Security Engineer

Company Description

It all started in 2007, with a pizza and a plan. Sana Commerce is an e-commerce platform designed to help manufacturers, distributors and wholesalers succeed by fostering lasting relationships with customers who depend on them. We’re a fast-growing SaaS company that allows you to take ownership of your career.

What you'll get:

• Personal development. We believe that as our company grows, our people should be able to grow with us. We value learning and development opportunities for all our employees. So, from learning on the job to training and coaching, it’s all there. Together with your manager, you are in charge of your own personal growth.
• Onboarding and buddy program. It’s always quite new and exciting to start your next adventure. We value a strong onboarding. You will be joining our general onboarding, will be introduced to a buddy, and will get a role-specific onboarding as well.
• Entrepreneurial environment. We are a fast-growing international scale-up organization in software. We encourage initiatives and ideas from our people. We like to accomplish things together as a team.
• Health and well-being. We believe that every employee should be at their best, that’s why we want to offer you private healthcare and a contribution to fitness subscription.
• Extra benefits: We offer flexible working hours, a hybrid working schedule, Friday afternoon drinks, Weekly lunch with your team, and monthly social activities.  

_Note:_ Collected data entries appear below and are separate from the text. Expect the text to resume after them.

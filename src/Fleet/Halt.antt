-- ===== src/Fleet/Halt.antt =====
-- internal/controller/fleetrollout_controller.go, halt: what the pass after a halt finds.
use stageset_controller.Prelude.{
  ℕ, str_eq, ◌≡◌, refl, sym, ap, ◌∙◌, subst, Bool, true, false, not, ◌&&◌, Option, none, some, List,
  [], ◌∷◌, arith, if◌then◌else◌,
}
use stageset_controller.Metric.{MetricSource, Floats}
use stageset_controller.Fleet.{
  FleetRolloutSpec, FleetWaveStatus, halted, in_progress, FleetRolloutStatus, wave_status,
}
use stageset_controller.Fleet.Rollout.{
  rollback_member, Patch, Group, FleetOutcome, concat_map, soak_of, prior_status, settle_wave,
  gate_verdict, is_passed, is_regressed, soak_is_over, walk, approvals, halt, roll,
}
use stageset_controller.Fleet.Soak.{stamp-accepted}

unsettled :
    {L : Type 0} (spec : FleetRolloutSpec L) (prior : List FleetWaveStatus) (now : ℕ) (g : Group L)
    → is_regressed prior g (settle_wave spec prior now g) ≡ true
    → (wave_status spec g.wave.name g.members).settled ≡ false
unfolding is_regressed settle_wave
unsettled spec prior now g r = ground arith

module _ {L : Type 0} (spec : FleetRolloutSpec L) (prior : List FleetWaveStatus) (now : ℕ)
    (g : Group L) (not_done : (wave_status spec g.wave.name g.members).settled ≡ false) where
  settled-settle_wave : (settle_wave spec prior now g).settled ≡ false
  unfolding settle_wave
  settled-settle_wave = not_done

  soak-settle_wave : (settle_wave spec prior now g).soak_until ≡ none
  unfolding settle_wave
  soak-settle_wave = rw not_done

  prior-settle_wave : soak_of (prior_status g.wave.name (settle_wave spec prior now g ∷ [])) ≡ none
  unfolding prior_status
  prior-settle_wave = ground (arith, soak-settle_wave)

module _ {F : Type 0} (fl : Floats F) (querier : Option (MetricSource → Option F)) {L : Type 0}
    (spec : FleetRolloutSpec L) (prior : List FleetWaveStatus) (now : ℕ) (g : Group L) where
  walk-regressed :
      is_regressed prior g (settle_wave spec prior now g) ≡ true
      → ((walk fl querier spec prior now (g ∷ [])).halted_at ≡ some g)
        × ((walk fl querier spec prior now (g ∷ [])).waves ≡ settle_wave spec prior now g ∷ [])
  unfolding walk
  walk-regressed r = rw r (refl, refl)

  verdict-unsettled :
      (settle_wave spec prior now g).settled ≡ false
      → gate_verdict fl querier spec prior now g (settle_wave spec prior now g) ≡ none
  unfolding gate_verdict soak_is_over
  verdict-unsettled u = rw u

  is_passed-unsettled :
      (settle_wave spec prior now g).settled ≡ false
      → is_passed fl querier spec prior now g (settle_wave spec prior now g) ≡ false
  unfolding is_passed soak_is_over
  is_passed-unsettled u = ground (arith, verdict-unsettled u)

  is_regressed-unsettled :
      soak_of (prior_status g.wave.name prior) ≡ none
      → is_regressed prior g (settle_wave spec prior now g) ≡ false
  unfolding is_regressed
  is_regressed-unsettled n = rw n

  walk-unsettled :
      (settle_wave spec prior now g).settled ≡ false
      → soak_of (prior_status g.wave.name prior) ≡ none
      → ((walk fl querier spec prior now (g ∷ [])).halted_at ≡ none)
        × ((walk fl querier spec prior now (g ∷ [])).first_open ≡ some g)
  unfolding walk
  walk-unsettled u n =
      rw (is_regressed-unsettled n, verdict-unsettled u, is_passed-unsettled u) (refl, refl)

module _ {F : Type 0} (fl : Floats F) (querier : Option (MetricSource → Option F)) {L : Type 0}
    (spec : FleetRolloutSpec L) (accepts : Patch → Bool)
    (accepted : (p : Patch) → accepts p ≡ true) where
  halt-phase :
      (prior : List FleetWaveStatus) (now : ℕ) (status : FleetRolloutStatus)
      (waves : List FleetWaveStatus) (g : Group L)
      → ((halt fl querier spec prior now accepts status waves g).status.phase ≡ halted)
        × ((halt fl querier spec prior now accepts status waves g).status.waves ≡ waves)
  unfolding halt
  halt-phase prior now status waves g =
      let ps =
        if str_eq spec.on_regression "Rollback" && not (str_eq spec.previous_version "")
        then concat_map (rollback_member spec.previous_version) g.members
        else [] in
      rw (stamp-accepted accepts accepted ps) (refl, refl)

  roll-halted :
      (prior : List FleetWaveStatus) (now : ℕ) (status : FleetRolloutStatus) (gs : List (Group L))
      (g : Group L)
      → (walk fl querier spec prior now gs).halted_at ≡ some g
      → ((roll fl querier spec prior now accepts status gs).status.phase ≡ halted)
        × ((roll fl querier spec prior now accepts status gs).status.waves
            ≡ (walk fl querier spec prior now gs).waves)
  unfolding roll
  roll-halted prior now status gs g e =
      ground (arith, halt-phase prior now status (walk fl querier spec prior now gs).waves g)

  roll-progresses :
      (prior : List FleetWaveStatus) (now : ℕ) (status : FleetRolloutStatus) (gs : List (Group L))
      (g : Group L)
      → (walk fl querier spec prior now gs).halted_at ≡ none
      → (walk fl querier spec prior now gs).first_open ≡ some g
      → (roll fl querier spec prior now accepts status gs).status.phase ≡ in_progress
  unfolding roll
  roll-progresses prior now status gs g a b =
      let w = walk fl querier spec prior now gs in
      ground (
        arith,
        stamp-accepted accepts accepted (concat_map (approvals fl querier spec prior now) w.opened),
      )

  -- Where the API server takes every write, a rollout of one wave, some member of which regressed after
  -- the wave had begun to soak, is halted. But the next pass over the same members is not: it reports
  -- the rollout as in progress.
  pub halt_is_forgotten :
      (prior : List FleetWaveStatus) (now later : ℕ) (status : FleetRolloutStatus) (g : Group L)
      → is_regressed prior g (settle_wave spec prior now g) ≡ true
      → (first : FleetOutcome) → roll fl querier spec prior now accepts status (g ∷ []) ≡ first
      → (first.status.phase ≡ halted)
        × ((roll fl querier spec first.status.waves later accepts first.status
              (g ∷ [])).status.phase
            ≡ in_progress)
  halt_is_forgotten prior now later status g r first e =
      let (h, ws) = walk-regressed fl querier spec prior now g r in
      let (p, q) = roll-halted prior now status (g ∷ []) g h in
      let u = unsettled spec prior now g r in
      let stored = ap (λ o. o.status.waves) (sym e) ∙ q ∙ ws in
      let n =
        subst (λ x. soak_of (prior_status g.wave.name x) ≡ none) (sym stored)
          (prior-settle_wave spec prior now g u) in
      let v = settled-settle_wave spec first.status.waves later g u in
      let (a, b) = walk-unsettled fl querier spec first.status.waves later g v n in
      (
        ap (λ o. o.status.phase) (sym e) ∙ p,
        roll-progresses first.status.waves later first.status (g ∷ []) g a b,
      )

As a Security Engineer, you will play a pivotal role in fortifying our organisation's defences against cyber threats. Your responsibilities will encompass the following.

Job Description

• Architecting, designing, implementing, maintaining, and operating information system security controls and countermeasures to ensure robust security posture

• Conducting thorough risk assessments and analyzing trends, news, and changes in the threat landscape and compliance environment to advise organizational management.

• You will develop and execute plans for compliance and risk mitigation.

• Documenting security certifications and ensuring adherence to compliance policies.

• Leading a minimum of two internal audits and one external audit annually, addressing identified gaps within agreed-upon timelines

• Performing routine IT security checks on managed systems to detect and remediate vulnerabilities.

• Sourcing and implementing new security solutions to enhance organizational protection.

• Collaborating with vendors to implement security solutions effectively.

Qualifications

Basic requirements

• Degree in Cyber Security, IT or a related discipline like CEH/CHFI

• Industry certifications such as CISSP, CISM, or equivalent are advantageous.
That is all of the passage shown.